Mohamed Salah couldn’t make it three consecutive seasons as the highest scoring player. He finished second to Kevin De Bruyne, who successfully avoided both injury AND Pep roulette to hit 251 points, consisting of a new assist record (23) and 13 goals. Liverpool’s title winning season was the ultimate team effort. Points, goals and assists were shared around the team – although we’re still talking about the three highest scoring defenders, two of the three highest scoring midfielders and three of the four highest scoring players. When it comes to dishing out player of the year awards that split vote may hand that trophy to De Bruyne. Where would City have been without his contribution? You can also pick out any one of his four nominations for goal of the season too. Although, in truth, Son Heung-Min’s solo run against Burnely in GW16 probably just about shades it.
Team of the season
- GK – Nick Pope – Burnley – 170 points
- DR – Trent Alexander-Arnold – Liverpool – 210 points
- DC – Virgil Van Dijk – Liverpool – 178 points
- DC – John Lundstram – Sheffield United – 144 points
- DL – Andrew Robertson – Liverpool – 181 points
- MR – Mohamed Salah – Liverpool – 233 points
- MC – Kevin De Bruyne – Manchester City – 251 points
- MC – Raheem Sterling – Manchester City – 204 points
- ML – Sadio Mane – Liverpool – 221 points
- CF – Jamie Vardy – Leicester City – 210 points
- CF – Pierre Emerick Aubameyang – Arsenal – 205 points
Bargains of the season (with starting value)
- GK – Dean Henderson – Sheffield United – 160 points – £4.5m
- DR – Enda Stevens – Sheffield United – 142 points – £5m
- DC – John Lundstram – Sheffield United – 144 points – £4m
- DC – John Egan – Sheffield United – 133 points – £4.5m
- DL – George Baldock – Sheffield United – 142 points – £4.5m
- MR – Adama Traore – Wolverhampton Wanderers – 130 points – £5m
- MC – Mason Mount – Chelsea – 137 points – £6m
- MC – Jack Grealish – Aston Villa – 149 points – £6m
- ML – Harvey Barnes – Leicester City – 133 points – £6m
- CF – Danny Ings – Southampton – 198 points – £6m
- CF – Raul Jimenez – Wolverhampton Wanderers – 194 points – £7.5m
I’m not sure whether a defender has ever topped the 200 point mark – or outscored every single attacker other than the golden boot winner.
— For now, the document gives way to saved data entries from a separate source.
-- ===== src/PartTokens/Split.antt =====
-- core/part_token.go: what `createPartToken` leaves when it returns.
use rubixgoplatform.Prelude.{
  ℕ, suc, ◌+◌, ◌≡◌, ◌≢◌, List, [], ◌∷◌, some, none, Bool, true, false, ◌==◌, ltb, refl,
  if◌then◌else◌, not, ◌&&◌, inl, inr, sym, ◌∙◌, ap, arith, All, All-map, map, Bool-cases,
  Option-cases, some_eq, ==_iff, ==_refl, ne→==_false, subst,
}
use rubixgoplatform.Storage.Rows.{Table}
use rubixgoplatform.Storage.Effects.{
  Result, ok, err, Error, Exec, raise, ◌>>◌, after, handled, rescue, quietly, split_error,
}
use rubixgoplatform.Storage.Laws.{Writes, write-cases, update-cases}
use rubixgoplatform.Wallet.Token.{
  Token, key, with_status, token_is_free, token_is_locked, token_is_burnt,
}
use rubixgoplatform.Wallet.Tokens.{create_token, get_token, has_id}
use rubixgoplatform.Wallet.Release.{update_token, release_token}
use rubixgoplatform.Wallet.Locking.{get_token-cases, ok_eq, err≢ok}
use rubixgoplatform.PartTokens.{
  ChainWork, split_sum, make_children, part_row, create_parts, split_token, create_part_token,
}

abbrev pub total : List Token → ℕ
total [] = 0
total (t ∷ ts) = t.token_value + total ts

abbrev pub sum : List ℕ → ℕ
sum [] = 0
sum (n ∷ ns) = n + sum ns

split_sum-sum :
    (value amount : ℕ) (parts : List ℕ) {a : ℕ}
    → split_sum value amount parts ≡ some a
    → a ≡ amount + sum parts
unfolding split_sum
split_sum-sum value amount [] {a} h = sym (some_eq h) ∙ omega arith
split_sum-sum value amount (p ∷ parts) {a} h = elim (Bool-cases (ltb value (amount + p))) [
  | inl over ↦ absurd (no_value (rw over at h))
  | inr under ↦ split_sum-sum value (amount + p) parts (rw under at h) ∙ omega arith
]
  where
    no_value : none ≡ some a → ⊥
    no_value e = cc

-- A chain that ends in a value has a value at its first step.
pub after-ok :
    {S A B : Type 0} (z : Result A × S) (f : A → Exec S B) {b : B} {s : S}
    → after z f ≡ (ok b, s)
    → (a : A) × (s' : S) × (z ≡ (ok a, s')) × (f a s' ≡ (ok b, s))
after-ok (ok a, s') f h = (a, s', refl, h)
after-ok (err e, s') f h = absurd (err≢ok (ap (λ z. z.0) h))

-- A value is none of the handler's, where the handler raises errors only.
pub handled-ok :
    {S A : Type 0} (z : Result A × S) (f : Error → Exec S A) {a : A} {s : S}
    → ((e : Error) (s' : S) → (e' : Error) × ((f e s').0 ≡ err e'))
    → handled z f ≡ (ok a, s)
    → z ≡ (ok a, s)
handled-ok (ok a, s') f never h = h
handled-ok (err e, s') f never h =
    let (e', fails) = never e s' in absurd (err≢ok (sym fails ∙ ap (λ z. z.0) h))

lift-ok :
    {S A B : Type 0} (r : Result A) (s : S) (f : A → Exec S B) {b : B} {s' : S}
    → after (r, s) f ≡ (ok b, s')
    → (a : A) × (f a s ≡ (ok b, s'))
lift-ok (ok a) s f h = (a, h)
lift-ok (err e) s f h = absurd (err≢ok (ap (λ z. z.0) h))

make_children-same :
    {S : Type 0} (w : ChainWork) (i : ℕ) (parts : List ℕ) (s s' : S) {ids : List ℕ}
    → make_children w i parts s ≡ (ok ids, s')
    → s' ≡ s
unfolding make_children
make_children-same w i [] s s' h = ap (λ z. z.1) (sym h)
make_children-same w i (p ∷ parts) s s' h =
    let (id, h1) = lift-ok (w.child i p) s _ h in
    let (ids, s1, made, h2) = after-ok (make_children w (suc i) parts s) _ h1 in
    ap (λ z. z.1) (sym h2) ∙ make_children-same w (suc i) parts s s1 made

-- The rows of the parts stand in the table, and nothing else has changed.
module _ (g : Table Token key) where
  abbrev pub Fresh : g.Db → g.Db → Token → Type 0
  Fresh d d' t = (g.row d (key t) ≡ none) × (g.row d' (key t) ≡ some t)

  abbrev pub Others : g.Db → g.Db → List Token → Type 0
  Others d d' ts = (k : ℕ) → All (λ t. k ≢ key t) ts → g.row d' k ≡ g.row d k

  abbrev Created : g.Db → g.Db → List Token → Type 0
  Created d d' ts = All (Fresh d d') ts × Others d d' ts

  missed : (k : ℕ) (t : Token) (d d' : g.Db) → Writes g d d' t → k ≢ key t → g.row d' k ≡ g.row d k
  missed k t d d' w ne = w k ∙ ap (λ b. if b then some t else g.row d k) (ne→==_false k (key t) ne)

  hit : (t : Token) (d d' : g.Db) → Writes g d d' t → g.row d' (key t) ≡ some t
  hit t d d' w = w (key t) ∙ ap (λ b. if b then some t else g.row d (key t)) (==_refl (key t))

  Fresh-ne :
      (r : Token) (d1 d2 : g.Db) (ts : List Token)
      → g.row d1 (key r) ≡ some r
      → All (Fresh d1 d2) ts
      → All (λ t. key r ≢ key t) ts
  Fresh-ne r d1 d2 ts at h =
      All-map (Fresh d1 d2) (λ t. key r ≢ key t) ts
        (λ t f e. no_row (sym f.0 ∙ ap (g.row d1) (sym e) ∙ at)) h
    where
      no_row : none ≡ some r → ⊥
      no_row e = cc

  Fresh-before :
      (r : Token) (d d1 d2 : g.Db) (ts : List Token)
      → Writes g d d1 r
      → All (λ t. key r ≢ key t) ts
      → All (Fresh d1 d2) ts
      → All (Fresh d d2) ts
  Fresh-before r d d1 d2 [] w ne h = tt
  Fresh-before r d d1 d2 (t ∷ ts) w (n, ne) (f, h) = (
    (sym (missed (key t) r d d1 w (λ e. n (sym e))) ∙ f.0, f.1),
    Fresh-before r d d1 d2 ts w ne h,
  )

  Created-add :
      (r : Token) (d d1 d2 : g.Db) (ts : List Token)
      → g.row d (key r) ≡ none
      → Writes g d d1 r
      → Created d1 d2 ts
      → Created d d2 (r ∷ ts)
  Created-add r d d1 d2 ts absent w (fresh, others) =
      let ne = Fresh-ne r d1 d2 ts (hit r d d1 w) fresh in
      (
        ((absent, others (key r) ne ∙ hit r d d1 w), Fresh-before r d d1 d2 ts w ne fresh),
        λ k (n, ns). others k ns ∙ missed k r d d1 w n,
      )

  create_parts-Created :
      (did parent : ℕ) (ids parts : List ℕ) (d d' : g.Db) {ts : List Token}
      → create_parts g did parent ids parts d ≡ (ok ts, d')
      → Created d d' ts × (map (λ t. t.token_value) ts ≡ parts)
  unfolding create_parts create_token
  create_parts-Created did parent ids [] d d' {ts} h =
      subst (λ (z : List Token × g.Db). Created d z.1 z.0 × (map (λ t. t.token_value) z.0 ≡ []))
        (λ i. (ok_eq (ap (λ z. z.0) h) i, (h i).1)) ((tt, λ k _. refl), refl)
  create_parts-Created did parent [] (p ∷ parts) d d' {ts} h = absurd (err≢ok (ap (λ z. z.0) h))
  create_parts-Created did parent (id ∷ ids) (p ∷ parts) d d' {ts} h =
      let r = part_row did parent id p in
      elim (write-cases g r d) [
        | inl failed ↦ absurd (err≢ok (ap (λ z. z.0) (rw failed at h)))
        | inr (d1, done, absent, w) ↦
            let (npt, d2, made, h2) =
              after-ok (create_parts g did parent ids parts d1) _ (rw done at h) in
            let (c, values) = create_parts-Created did parent ids parts d1 d2 {ts = npt} made in
            subst
              (λ (z : List Token × g.Db).
                Created d z.1 z.0 × (map (λ t. t.token_value) z.0 ≡ p ∷ parts))
              (λ i. (ok_eq (ap (λ z. z.0) h2) i, (h2 i).1))
              (Created-add r d d1 d2 npt absent w c, ap (λ ps. p ∷ ps) values)
      ]

  -- A split of the free token `tkn`: the rows of its parts are new, the parts have the values asked
  -- for, which are together its value, it is burnt, and no other row has changed.
  abbrev pub Splits : ℕ → List ℕ → g.Db → g.Db → List Token → Type 0
  Splits tkn parts d d' ts =
      (t : Token) × (g.row d tkn ≡ some t)
      × (t.token_status ≡ token_is_free)
      × (g.row d' tkn ≡ some (with_status token_is_burnt t))
      × (total ts ≡ t.token_value)
      × (map (λ t. t.token_value) ts ≡ parts)
      × All (Fresh d d') ts
      × ((k : ℕ) → k ≢ tkn → All (λ t. k ≢ key t) ts → g.row d' k ≡ g.row d k)

  -- What `createPartToken` has done before it returns: the parts are created, and the row is burnt.
  abbrev SplitRun : Token → List ℕ → g.Db → g.Db → List Token → Type 0
  SplitRun t parts d d' ts =
      (d1 : g.Db) × (sum parts ≡ t.token_value)
      × Created d d1 ts
      × (map (λ t. t.token_value) ts ≡ parts)
      × (update_token g (with_status token_is_burnt t) d1 ≡ (ok tt, d'))

  split_token-SplitRun :
      (w : ChainWork) (did : ℕ) (t : Token) (tkn : ℕ) (parts : List ℕ) (d d' : g.Db)
      {ts : List Token}
      → split_token g w did t tkn parts d ≡ (ok ts, d')
      → SplitRun t parts d d' ts
  unfolding split_token
  split_token-SplitRun w did t tkn parts d d' {ts} h =
      elim (Option-cases (split_sum t.token_value 0 parts)) [
        | inl over ↦ absurd (err≢ok (ap (λ z. z.0) (rw (over, split_token) at h)))
        | inr (amount, within) ↦ elim (Bool-cases (amount == t.token_value)) [
          | inr other ↦ absurd (err≢ok (ap (λ z. z.0) (rw (within, other, split_token) at h)))
          | inl whole ↦
              let is_part = not (t.parent_token_id == 0) && ltb t.token_value 1000 in
              let (_, h1) = lift-ok (w.parent is_part) d _ (rw (within, whole, split_token) at h) in
              let (ids, d1, made, h2) = after-ok (make_children w 0 parts d) _ h1 in
              let (_, h3) = lift-ok (w.burn is_part ids) d1 _ h2 in
              let (npt, d2, created, h4) = after-ok (create_parts g did tkn ids parts d1) _ h3 in
              let (_, d3, updated, h5) =
                after-ok (update_token g (with_status token_is_burnt t) d2) _ h4 in
              let (c, values) = create_parts-Created did tkn ids parts d1 d2 {ts = npt} created in
              let same = make_children-same w 0 parts d d1 made in
              let is_sum : sum parts ≡ t.token_value = omega (
                arith,
                split_sum-sum t.token_value 0 parts within,
                (==_iff amount t.token_value).0 whole,
              ) in
              subst (λ (z : List Token × g.Db). SplitRun t parts d z.1 z.0)
                (λ i. (ok_eq (ap (λ z. z.0) h5) i, (h5 i).1))
                (d2, is_sum, subst (λ z. Created z d2 npt) same c, values, updated)
        ]
      ]

  total-sum : (ts : List Token) → total ts ≡ sum (map (λ t. t.token_value) ts)
  total-sum [] = refl
  total-sum (t ∷ ts) = ap (λ n. t.token_value + n) (total-sum ts)

  -- New rows stay new when a row that is none of them is written before and after.
  Fresh-through :
      (r : Token) (d d1 d2 d3 : g.Db) (ts : List Token)
      → Writes g d d1 r
      → Writes g d2 d3 (with_status token_is_burnt r)
      → All (λ t. key r ≢ key t) ts
      → All (Fresh d1 d2) ts
      → All (Fresh d d3) ts
  Fresh-through r d d1 d2 d3 [] w w' ne h = tt
  Fresh-through r d d1 d2 d3 (t ∷ ts) w w' (n, ne) (f, h) = (
    (
      sym (missed (key t) r d d1 w (λ e. n (sym e))) ∙ f.0,
      missed (key t) (with_status token_is_burnt r) d2 d3 w' (λ e. n (sym e)) ∙ f.1,
    ),
    Fresh-through r d d1 d2 d3 ts w w' ne h,
  )

  Splits-row :
      (tkn : ℕ) (parts : List ℕ) (d d1 d' : g.Db) (old : Token) (ts : List Token)
      → g.row d tkn ≡ some old
      → old.token_status ≡ token_is_free
      → Writes g d d1 (with_status token_is_locked old)
      → SplitRun (with_status token_is_locked old) parts d1 d' ts
      → Splits tkn parts d d' ts
  unfolding update_token
  Splits-row tkn parts d d1 d' old ts at free w (d2, whole, (fresh, others), values, updated) =
      let t = with_status token_is_locked old in
      let id = g.row_key d tkn old at in
      let ne = Fresh-ne t d1 d2 ts (hit t d d1 w) fresh in
      elim (update-cases g (has_id old.token_id) (with_status token_is_burnt old) t d2
        (others (key t) ne ∙ hit t d d1 w) (==_refl old.token_id)) [
          | inl failed ↦ absurd (err≢ok (ap (λ z. z.0) (sym failed ∙ updated)))
          | inr (d3, burnt, w3) ↦
              let w' =
                subst (λ z. Writes g d2 z (with_status token_is_burnt old))
                  (ap (λ z. z.1) (sym burnt ∙ updated)) w3 in
              (
                old,
                at,
                free,
                ap (g.row d') (sym id) ∙ hit (with_status token_is_burnt old) d2 d' w',
                total-sum ts ∙ ap sum values ∙ whole,
                values,
                Fresh-through t d d1 d2 d' ts w w' ne fresh,
                λ k n ns.
                    missed k (with_status token_is_burnt old) d2 d' w' (λ e. n (e ∙ id))
                    ∙ others k ns
                    ∙ missed k t d d1 w (λ e. n (e ∙ id)),
              )
        ]

  Splits-get_token :
      (tkn : ℕ) (parts : List ℕ) (d d1 d' : g.Db) (t : Token) (ts : List Token)
      → get_token g tkn token_is_free d ≡ (ok t, d1)
      → SplitRun t parts d1 d' ts
      → Splits tkn parts d d' ts
  Splits-get_token tkn parts d d1 d' t ts taken run = elim (get_token-cases g tkn token_is_free d) [
    | inl (e, failed) ↦ absurd (err≢ok (ap (λ z. z.0) (sym failed ∙ taken)))
    | inr (old, d1', done, at, free, w) ↦
        let same = sym done ∙ taken in
        Splits-row tkn parts d d1 d' old ts at free
          (subst (λ z. Writes g d z (with_status token_is_locked old)) (ap (λ z. z.1) same) w)
          (subst (λ u. SplitRun u parts d1 d' ts) (sym (ok_eq (ap (λ z. z.0) same))) run)
  ]

  pub create_part_token-Splits :
      (dc : Bool) (w : ChainWork) (did tkn : ℕ) (parts : List ℕ) (d d' : g.Db) {ts : List Token}
      → create_part_token g dc w did tkn parts d ≡ (ok ts, d')
      → Splits tkn parts d d' ts
  unfolding create_part_token
  create_part_token-Splits false w did tkn parts d d' {ts} h = absurd (err≢ok (ap (λ z. z.0) h))
  create_part_token-Splits true w did tkn parts d d' {ts} h =
      let (t, d1, got, h1) =
        after-ok (rescue (get_token g tkn token_is_free) (λ e. raise split_error) d) _ h in
      let taken =
        handled-ok (get_token g tkn token_is_free d) (λ e. raise split_error)
          (λ e s'. (split_error, refl)) got in
      let split =
        handled-ok (split_token g w did t tkn parts d1)
          (λ e. quietly (release_token g tkn) >> raise e) (λ e s'. (e, refl)) h1 in
      Splits-get_token tkn parts d d1 d' t ts taken
        (split_token-SplitRun w did t tkn parts d1 d' split)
Jamie Vardy may have banged in 23 goals but Trent Alexander-Arnold sits level on points with him having scored 4, assisted 15 and with 14 clean sheets. Might we be looking at the first £8 million defender at the start of next season?
We all know John Lundstram isn’t a central defender but for pretty much all of the first half of the season he was a FPL manager’s dream. A starting value of £4m and playing so far out of position he was almost in a different country. Unsurprisingly, Lundstram and his Sheffield United colleagues (the ACTUAL Blades defence) dominate the bargain differential squad of the season. The entire back line is red and white. Lundtsram is one of the seven players, along with TAA, who has returned a 20+ point weekly score. Michail Antonio’s four goals against Norwich a few weeks ago gave us the largest individual weekly total. The other four players to achieve the mark were Ayoze Perez, during Leicester’s 9-0 hammering of Southampton, Raheem Sterling in GW1 and GW35+, Sergio Ageuro, following a hat-trick against Villa – and Phil Foden in DGW30+, against Arsenal and Burnley. Manchester City players have achieved four of the nine highest gameweek scores since the restart.
Ryan Bertrand’s -6 in GW10 – the same week as Ayoze Perez scored 20+ – was the season’s lowest score. A bit unfair, considering he only lasted 11 minutes of the game, hobbling off to then watch his teammates implode as Leicester ran riot. Bertrand went into that game with only 5 points in the bank, having missed a few games with injury and not keeping a clean sheet in the games he had played. Credit to Southampton who finished the season impressively, beating Manchester City – and with Danny Ings coming close in the golden boot chase and being far and away the best value attacking player in the game for the whole season (not including Lundtsram of course – who really isn’t a defender).